Understanding Calcium Instability in Wine
Causes of Calcium Instability
Wine can develop instability due to calcium tartrate, or calcium oxalate forming crystals
Calcium DL-tartrate issues stem from using DL-tartaric acid with oxalic acid contamination.
Sources of Calcium
Natural calcium in vineyard soil can affect wine, with levels above 70-80 mg/L considered risky.
Excess calcium can come from using calcium carbonate or milk products during winemaking.
Older unlined concrete tanks were a historical source of calcium instability.
Crystal Characteristics
Calcium tartrate deposits appear as colorless or white crystals, often with co-deposits.
IR spectroscopy confirms calcium tartrate deposits.
Factors Impacting Precipitation
Higher wine pH levels increase the risk of calcium L-tartrate precipitation.
Winemaking processes that raise pH, like MLF and blending, can worsen instability.
Some wine components inhibit crystal formation by binding with calcium or tartrate.
Malic acid inhibits calcium L-tartrate crystallisation.
MLF can increase instability due to pH rise and a switch from malic acid to lactic acid.
Sparkling wines are more vulnerable due to lower levels of inhibitory grape pectins.
Challenges in Prediction and Stabilization
Temperature has little effect on calcium L-tartrate precipitation.
Cold tests and stabilizations are unreliable.
Seeding with micronized calcium L-tartrate may help.
Concentration product methods have limited value.
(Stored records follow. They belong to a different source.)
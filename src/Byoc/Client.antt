-- ===== src/Byoc/Client.antt =====
-- The client's settings, the process environment, and the arguments for AWS and Azure.
use terraform_provider_redpa.Base.{
  Bool, true, false, not, ◌||◌, List, [], ◌∷◌, ◌++◌, if◌then◌else◌, Text, codes, same, is_empty,
  has_prefix, or_else, trim_prefix, to_lower, Dict, lookup,
}
use terraform_provider_redpa.Errors.{plain_error, Reply, reply, refused}
use terraform_provider_redpa.Lookup.{quote}

pub record ByocClient : Type 0 where
  pub internal_api_url : Text
  pub gcp_project : Text
  pub azure_subscription_id : Text
  pub azure_client_id : Text
  pub azure_client_secret : Text
  pub azure_tenant_id : Text
  pub google_credentials : Text
  pub public_api_url : Text
  pub aws_access_key_id : Text
  pub aws_secret_access_key : Text
  pub aws_session_token : Text

-- The environment of the process.
abbrev pub getenv : Dict Text → Text → Text
getenv env name = or_else (lookup name env) []

-- `os.Environ()`: a text key=value for each variable.
abbrev pub environ : Dict Text → List Text
environ [] = []
environ ((k, v) ∷ env) = (k ++ 61 ∷ v) ∷ environ env

infixl 5 ◌>>=◌
abbrev pub ◌>>=◌ {ℓ κ} : {A : Type ℓ} {B : Type κ} → Reply A → (A → Reply B) → Reply B
refused err >>= k = refused err
reply a >>= k = k a

-- `name=value`, if there is a value.
abbrev pub setting : Text → Text → List Text
setting name value = if is_empty value then [] else (name ++ 61 ∷ value) ∷ []

-- The arguments and the environment for AWS.
unfoldable pub generate_aws_args_and_env : ByocClient → List Text × List Text
generate_aws_args_and_env cl = (
  [],
  setting (codes "AWS_ACCESS_KEY_ID") cl.aws_access_key_id
      ++ (setting (codes "AWS_SECRET_ACCESS_KEY") cl.aws_secret_access_key
          ++ setting (codes "AWS_SESSION_TOKEN") cl.aws_session_token),
)

abbrev boolean_text : Text → Text → Reply Bool
boolean_text name value =
    if is_empty value
      || same value (codes "false")
      || same value (codes "no")
      || same value (codes "0")
    then reply false
    else if same value (codes "true") || same value (codes "yes") || same value (codes "1")
    then reply true
    else refused (plain_error (codes "bad boolean value " ++ (name ++ (codes "=" ++ quote value))))

unfoldable pub get_env_boolean : Dict Text → Text → Reply Bool
get_env_boolean env name = boolean_text name (to_lower (getenv env name))

pub record AuthMethod : Type 0 where
  pub env_name : Text
  pub credential_source : Text
  pub identity : Text

abbrev pub auth_methods : List AuthMethod
auth_methods =
    record {
      env_name = codes "ARM_USE_MSI";
      credential_source = codes "msi";
      identity = codes "msi";
    }
    ∷ record {
      env_name = codes "ARM_USE_OIDC";
      credential_source = codes "env";
      identity = codes "oidc";
    }
    ∷ record {
      env_name = codes "ARM_USE_CLI";
      credential_source = codes "cli";
      identity = codes "cli";
    }
    ∷ record {
      env_name = codes "ARM_USE_AKS_WORKLOAD_IDENTITY";
      credential_source = codes "workload";
      identity = codes "none";
    }
    ∷ []

abbrev pub method_args : AuthMethod → List Text
method_args m =
    codes "--credential-source" ∷ m.credential_source ∷ codes "--identity" ∷ m.identity ∷ []

-- One round of the loop over the methods: whether one was seen, and the arguments so far.
abbrev pub choose_method : AuthMethod → Bool → List Text → Bool → Reply (Bool × List Text)
choose_method m seen args false = reply (seen, args)
choose_method m seen args true =
    if seen
    then refused (
        plain_error (
          codes
            "only one of ARM_USE_MSI, ARM_USE_OIDC, ARM_USE_CLI, or ARM_USE_AKS_WORKLOAD_IDENTITY can be set"))
    else reply (true, args ++ method_args m)

unfoldable pub choose_methods :
    Dict Text → List AuthMethod → Bool × List Text → Reply (Bool × List Text)
choose_methods env [] (seen, args) = reply (seen, args)
choose_methods env (m ∷ ms) (seen, args) = do
  wanted ← get_env_boolean env m.env_name
  next ← choose_method m seen args wanted
  choose_methods env ms next

-- The credential source where no method was chosen.
abbrev pub fallback_args : ByocClient → Dict Text → Bool → List Text
fallback_args cl env true = []
fallback_args cl env false =
    if not (is_empty cl.azure_client_secret)
      || not (is_empty (getenv env (codes "ARM_CLIENT_CERTIFICATE")))
      || not (is_empty (getenv env (codes "ARM_CLIENT_CERTIFICATE_PATH")))
    then codes "--credential-source" ∷ codes "env" ∷ []
    else []

abbrev pub subscription_args : ByocClient → List Text
subscription_args cl =
    codes "--subscription-id"
    ∷ cl.azure_subscription_id
    ∷ codes "--client-id"
    ∷ cl.azure_client_id
    ∷ codes "--client-secret"
    ∷ cl.azure_client_secret
    ∷ []

-- The ARM_ variables once more, as AZURE_ ones.
unfoldable pub azure_env : List Text → List Text
azure_env [] = []
azure_env (s ∷ env) =
    let rest = azure_env env in
    if has_prefix s (codes "ARM_")
    then (codes "AZURE_" ++ trim_prefix s (codes "ARM_")) ∷ rest
    else rest

abbrev pub with_subscription :
    ByocClient → Dict Text → Bool × List Text → Reply (List Text × List Text)
with_subscription cl env (seen, args) =
    if is_empty cl.azure_subscription_id
    then refused (plain_error (codes "value must be set for Azure Subscription ID"))
    else reply
        ((args ++ fallback_args cl env seen) ++ subscription_args cl, azure_env (environ env))

unfoldable pub generate_azure_args_and_env : ByocClient → Dict Text → Reply (List Text × List Text)
unfolding choose_methods
generate_azure_args_and_env cl env = do
  chosen ← choose_methods env auth_methods (false, [])
  with_subscription cl env chosen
Preventing Calcium Instability
To effectively manage the risks associated with calcium instability in wine, a comprehensive approach is essential. Begin with vigilant vineyard management to control calcium levels in the grapes, aiming to keep them below 70-80 mg/L. During winemaking, avoid fining agents containing calcium and opt for alternatives. When deacidifying, use potassium bicarbonate instead of calcium carbonate to maintain acidity without introducing excess calcium. Regularly monitor and adjust the wine’s pH, as higher levels can promote calcium tartrate precipitation. Consider cold stabilization to encourage tartrate precipitation, but be aware of its limitations. Seeding with micronized calcium L-tartrate crystals can be a valuable technique when appropriately applied. If malolactic fermentation isn’t necessary, avoid it to prevent pH elevation and loss of malic acid’s inhibitory effects. Analyze the wine for calcium levels and potential instability regularly. By implementing these strategies, winemakers can minimize calcium-related risks.
Ribéreau-Gayon, P., Glories, Y., Maujean, A., & Dubourdieu, D. (2006). Handbook of Enology: The Chemistry of Wine Stabilization and Treatments. Wiley.
Zoecklein, B. W., Fugelsang, K. C., Gump, B. H., & Nury, F. S. (2014). Wine Analysis and Production. Springer.